These are my thoughts as well...haering their price tag of $11K means that they came in at literally twice what I was expecting it to be, and takes it out of consideration. 

Buying a {400mm DO IS f/4 + 1.4x + 7D body} instead clearly isn't the same feature set, but it is ~30% less costly while also being an entirely redundant standalone kit that would suppliment one's 70-200L setup for shorter focal length shots, etc. 


-hh


----------



## smirkypants (Feb 22, 2012)

Oh HELL no Canon. $11,000 for the 200-400? 

The 200-400 lens from the company whose name shall remain unsaid costs $7000. I could buy their lens and a D800 and have enough left for some high-priced companionship.

Wow....


----------



## wickidwombat (Feb 22, 2012)

smirkypants said:


> Oh HELL no Canon. $11,000 for the 200-400?
> 
> The 200-400 lens from the company whose name shall remain unsaid costs $7000. I could buy their lens and a D800 and have enough left for some high-priced companionship.
> 
> Wow....



well when you move over to the nameless system I would be interested in buying your 1D4


----------



## smirkypants (Feb 22, 2012)

wickidwombat said:


> well when you move over to the nameless system I would be interested in buying your 1D4


No chance. I live in Argentina half the year and their are huge tariffs on imported camera equipment. I can sell my used gear down here and make a profit 

That being said, I won't do anything rash... I'm still thinking about the company whose name begins with an S and makes a 120-300/2.8, that with a 1.4 extender is f4 and beats the pants off the 100-400 in terms of IQ. I shall rent it and see. 

My ass is twitching.


----------



## photophreek (Feb 22, 2012)

smirkypants wrote"


> Oh HELL no Canon. $11,000 for the 200-400?

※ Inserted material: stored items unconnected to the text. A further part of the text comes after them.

-- ===== src/Claude/Launch/Completing.antt =====
-- claude-launch.ts, launchClaudeFresh: launches in which the ports answer, up to the contents and to
-- the end of the process.
use agx.Prelude.{String, ◌≡◌, refl, ap, ◌∙◌, some, true, List, [], ◌∷◌, map, nat_eq, ◌==◌, arith}
use agx.Prelude.Text.{texts, join}
use agx.Prelude.Dict.{get, put, put-put}
use agx.Prelude.Outcome.{returned}
use agx.Prelude.Checked.{ok}
use agx.Client.{ClientId}
use agx.Config.{StableConfigRevision}
use agx.Activation.{LaunchPhase, LaunchPlan, apply_failed, transition_launch_plan}
use agx.Facts.{known}
use agx.Plans
use agx.Plans.{same_phase, client_tag}
use agx.Queries.{Lookup}
use agx.Launch.World.{State, Ports, SpawnResult}
use agx.Launch.Running.Undisturbed.{begun, over, begin_transition, over_transition}
use agx.Claude.Capability.{CapabilityNote}
use agx.Claude.Manifest.{Manifest, compiled, compile_manifest}
use agx.Claude.AdapterPlan.{compile_adapter_plan}
use agx.Claude.World.{Materialization, ClaudePorts, LaunchOutcome}
use agx.Claude.Delivery.{
  BlockedDelivery, Deliveries, deliveries_of, blocked_of, derive_claude_outcome, apply_result,
}
use agx.Claude.Delivery.Expecting.{
  started_with, claude_end, left_out, final_argv_lem, apply_result_lem, derive_lem,
}
use agx.Claude.Delivery.Failing.{failing_ids, ids_of, blocked_of-failing}
use agx.Claude.Launch.{
  Assembly, content_recovery, failed_outcome, observed_outcome_of, context_of, step_saved,
  fail_launch, observe_launch, after_spawn, launch_delivered, launch_materialized, launch_inside,
  launch_in, launch_compiled, launch_detail, launch_found, launch_claude_fresh,
}

module _ {W : Type 0} (ports : Ports W) (claude : ClaudePorts W) where
  -- The calls of a launch up to the contents, in order, and their answers.
  pub record Prepared (plan : LaunchPlan) (s : State W) : Type 0 where
    pub revision : StableConfigRevision
    pub probed : List CapabilityNote
    pub manifest : Manifest
    pub dir : String
    pub contents : Materialization
    pub s₁ : State W
    pub s₂ : State W
    pub s₃ : State W
    pub s₄ : State W
    pub looked : ports.find_revision plan.revision_id s ≡ (returned (Lookup.revision revision), s₁)
    pub has_probed : claude.probe s₁ ≡ (returned probed, s₂)
    pub has_compiled : compile_manifest revision probed (claude.stamp s₂) ≡ compiled manifest
    pub made_dir : claude.prepare_dir plan.operation_id s₂ ≡ (returned dir, s₃)
    pub materialized : claude.materialize revision dir s₃ ≡ (returned contents, s₄)

  abbrev pub assembly_of : {plan : LaunchPlan} {s : State W} → Prepared plan s → Assembly
  assembly_of p = record {
    revision = p.revision;
    manifest = p.manifest;
    adapter = compile_adapter_plan p.manifest;
    dir = p.dir;
  }

  abbrev pub deliveries_in : {plan : LaunchPlan} {s : State W} → Prepared plan s → Deliveries
  deliveries_in p = deliveries_of p.revision p.manifest p.contents

  -- the plan after a failure
  abbrev pub failed : LaunchPlan → String → LaunchPlan
  failed plan reason = record plan { phase = LaunchPhase.failed; failure_reason = known reason }

  abbrev pub blocked_reason : List BlockedDelivery → String
  blocked_reason blocks = texts (
      "content-materialization-blocked: "
      ∷ join "; " (map (λ (b : BlockedDelivery). b.reason) blocks)
      ∷ [])

  failed_transition :
      (plan : LaunchPlan) (reason : String)
      → plan.phase ≡ LaunchPhase.applying
      → transition_launch_plan plan (apply_failed reason) ≡ ok (failed plan reason)
  unfolding transition_launch_plan
  failed_transition plan reason e = ground arith

  -- A launch comes to what it comes to once its contents are there, and its directory is removed.
  launch_lem :
      (plan : LaunchPlan) (s t t' : State W) (p : Prepared plan s) (o : LaunchOutcome)
      → plan.client ≡ ClientId.claude_code
      → plan.phase ≡ LaunchPhase.applying
      → get plan.plan_id s.plans ≡ some plan
      → (let d = deliveries_in p in
          launch_delivered ports claude (blocked_of d) plan (assembly_of p) d p.contents p.s₄)
        ≡ (returned o, t)
      → claude.cleanup_dir p.dir t ≡ (returned tt, t')
      → launch_claude_fresh ports claude plan.plan_id s ≡ (returned o, t')
  unfolding launch_claude_fresh launch_found launch_detail launch_compiled launch_in launch_inside
      launch_materialized Plans.find_by_id
  launch_lem plan s t t' p o own e stored rest cleaned =
      let own_tag : client_tag plan.client == client_tag ClientId.claude_code ≡ true =
        ground arith in
      let same : same_phase plan.phase LaunchPhase.applying ≡ true = ground arith in
      rw
        (
          stored, own_tag, same, p.looked, p.has_probed, p.has_compiled, p.made_dir, p.materialized,
          rest, cleaned,
        )
        refl

  delivered_blocked :
      (blocks : List BlockedDelivery) (plan : LaunchPlan) (a : Assembly) (d : Deliveries)
      (m : Materialization) (t : State W) (id : String) (ids : List String)
      → plan.phase ≡ LaunchPhase.applying
      → ids_of blocks ≡ id ∷ ids
      → let r = failed plan (blocked_reason blocks) in
        launch_delivered ports claude blocks plan a d m t ≡ (
          returned
              (failed_outcome (some a.manifest) (some a.adapter) (id ∷ ids) content_recovery r),
          record t { plans = put plan.plan_id r t.plans },
        )
  unfolding launch_delivered fail_launch step_saved Plans.save
  delivered_blocked [] plan a d m t id ids e named = absurd (cc)
  delivered_blocked (b ∷ blocks) plan a d m t id ids e named =
      rw (failed_transition plan (blocked_reason (b ∷ blocks)) e, named) refl

  -- A launch of a confirmed plan for Claude Code of which some required contents cannot be
  -- materialized returns the plan as failed and names the capabilities of exactly those contents;
  -- the plan is stored, the directory removed, and nothing else is called: no launch context is
  -- written and no process is started.
  pub blocked_lem :
      (plan : LaunchPlan) (s t' : State W) (p : Prepared plan s) (id : String) (ids : List String)
      → plan.client ≡ ClientId.claude_code
      → plan.phase ≡ LaunchPhase.applying
      → get plan.plan_id s.plans ≡ some plan
      → failing_ids p.revision p.manifest p.contents ≡ id ∷ ids
      → let a = assembly_of p in
        let r = failed plan (blocked_reason (blocked_of (deliveries_in p))) in
        claude.cleanup_dir p.dir (record p.s₄ { plans = put plan.plan_id r p.s₄.plans })
          ≡ (returned tt, t')
        → launch_claude_fresh ports claude plan.plan_id s ≡ (
          returned
              (failed_outcome (some a.manifest) (some a.adapter) (id ∷ ids) content_recovery r),
          t',
        )
  blocked_lem plan s t' p id ids own e stored failing cleaned =
      let d = deliveries_in p in
      let named = blocked_of-failing p.revision p.manifest p.contents ∙ failing in
      launch_lem plan s _ t' p _ own e stored
        (delivered_blocked (blocked_of d) plan (assembly_of p) d p.contents p.s₄ id ids e named)
        cleaned

  -- The calls from the contents to the end of the process, in order, and their answers.
  pub record Finished {plan : LaunchPlan} {s : State W} (p : Prepared plan s) : Type 0 where
    pub time : String
    pub path : String
    pub result : SpawnResult
    pub s₅ : State W
    pub s₆ : State W
    pub s₇ : State W
    pub s₈ : State W
    pub timed : ports.now p.s₄ ≡ (returned time, s₅)
    pub wrote :
        claude.write_context (context_of plan time (assembly_of p) p.contents) s₅
        ≡ (returned path, s₆)
    pub announced : ports.on_spawning s₆ ≡ (returned tt, s₇)
    pub spawned :
        claude.spawn (started_with p.revision p.manifest p.contents p.dir) s₇
        ≡ (returned result, s₈)

  observed_lem :
      (plan : LaunchPlan) (result : SpawnResult) (a : Assembly) (d : Deliveries)
      (m : Materialization) (t : State W)
      → plan.phase ≡ LaunchPhase.applying
      → let x = derive_claude_outcome result (apply_result a.revision a.manifest m) in
        let r = over plan x in
        observe_launch ports claude plan result a d m t ≡ (
          returned (observed_outcome_of x.0 a d r),
          record t { plans = put plan.plan_id r t.plans },
        )
  unfolding observe_launch step_saved Plans.save
  observed_lem plan result a d m t e =
      let x = derive_claude_outcome result (apply_result a.revision a.manifest m) in
      rw (begin_transition plan e, over_transition plan x)
        (ap
          (λ plans.
            (returned (observed_outcome_of x.0 a d (over plan x)), record t { plans = plans }))
          (put-put plan.plan_id (over plan x) (begun plan) t.plans))

  delivered_lem :
      (blocks : List BlockedDelivery) (plan : LaunchPlan) (s : State W) (p : Prepared plan s)
      (f : Finished p)
      → plan.phase ≡ LaunchPhase.applying
      → ids_of blocks ≡ []
      → let a = assembly_of p in
        let d = deliveries_in p in
        let x = derive_claude_outcome f.result (apply_result a.revision a.manifest p.contents) in
        let r = over plan x in
        launch_delivered ports claude blocks plan a d p.contents p.s₄ ≡ (
          returned (observed_outcome_of x.0 a d r),
          record f.s₈ { plans = put plan.plan_id r f.s₈.plans },
        )
  unfolding launch_delivered after_spawn
  delivered_lem (b ∷ blocks) plan s p f e named = absurd (cc)
  delivered_lem [] plan s p f e named =
      let spawned =
        ap (λ argv. claude.spawn (record { argv = argv; config_dir = p.dir; cwd = p.dir }) f.s₇)
          (final_argv_lem p.revision p.manifest p.contents)
        ∙ f.spawned in
      rw (f.timed, f.wrote, f.announced, spawned)
        (observed_lem plan f.result (assembly_of p) (deliveries_in p) p.contents f.s₈ e)

  -- A launch of a confirmed plan for Claude Code whose required contents are all there and whose
  -- ports answer runs the process once, in its directory and with the flags of the usable
  -- capabilities and the arguments for the contents, and returns and stores the plan with the
  -- outcome that the process's end stands for: with exit code zero it succeeded, or is degraded if a
  -- part of the revision is left out; with another one it failed; with none it is incomplete. The
  -- directory is removed after the process has ended.
  pub complete_lem :
      (plan : LaunchPlan) (s t' : State W) (p : Prepared plan s) (f : Finished p)
      → plan.client ≡ ClientId.claude_code
      → plan.phase ≡ LaunchPhase.applying
      → get plan.plan_id s.plans ≡ some plan
      → failing_ids p.revision p.manifest p.contents ≡ []
      → let x = claude_end f.result (left_out p.revision p.manifest p.contents) in
        let r = over plan x in
        claude.cleanup_dir p.dir (record f.s₈ { plans = put plan.plan_id r f.s₈.plans })
          ≡ (returned tt, t')
        → launch_claude_fresh ports claude plan.plan_id s
          ≡ (returned (observed_outcome_of x.0 (assembly_of p) (deliveries_in p) r), t')
  complete_lem plan s t' p f own e stored failing cleaned =
      let named = blocked_of-failing p.revision p.manifest p.contents ∙ failing in
      let ended =
        ap (derive_claude_outcome f.result) (apply_result_lem p.revision p.manifest p.contents)
        ∙ derive_lem f.result (left_out p.revision p.manifest p.contents) in
      launch_lem plan s _ t' p _ own e stored
        (delivered_lem (blocked_of (deliveries_in p)) plan s p f e named
          ∙ ap
              (λ x. (
                returned (observed_outcome_of x.0 (assembly_of p) (deliveries_in p) (over plan x)),
                record f.s₈ { plans = put plan.plan_id (over plan x) f.s₈.plans },
              ))
              ended)
        cleaned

If the Canon offereing with TC is as sharp(probably sharper) than the lens from the dark side, then this lens will be outstanding and could put a dent in Canon's other supertele sales. 

I remember when this lens was first discussed, the $10K + number was thrown around. This won't sell like kit lenses. but many of these lenses will sell world wide when available.


----------



## SiliconVoid (Feb 22, 2012)

c.d.embrey said:


> Ricku said:
> 
> 
> > Not if you don't like good bokeh.
> ...




Actually.. Most people do care about DOF and Bokeh, they just do not fully understand why a photograph attracts their eye. They do not know how to assess the effects nor how achieved it on a consistent basis. You can see it anywhere, go look on Pbase, DPReview, Flicker etc.. they are the pictures that get commented on the most, get put in the photographers favorites folder, have the most impact on the viewer - and for 'most people' those shots were just luck because they do not really understand what they did.
The problem with shooting for that effect all the time is a rather thin DOF (missed focus) - consumer grade lenses that do not have the sharpness at faster apertures (the proverbial 'soft lens') nor better aperture mechanisms that produce the more appealing bokeh. I have read many comments from 'most people' who question why others would pay $1200 for a 50mm f/1.2 L when 'their' 18-55mm kit lens produces sharper images (at f/5.6 of course).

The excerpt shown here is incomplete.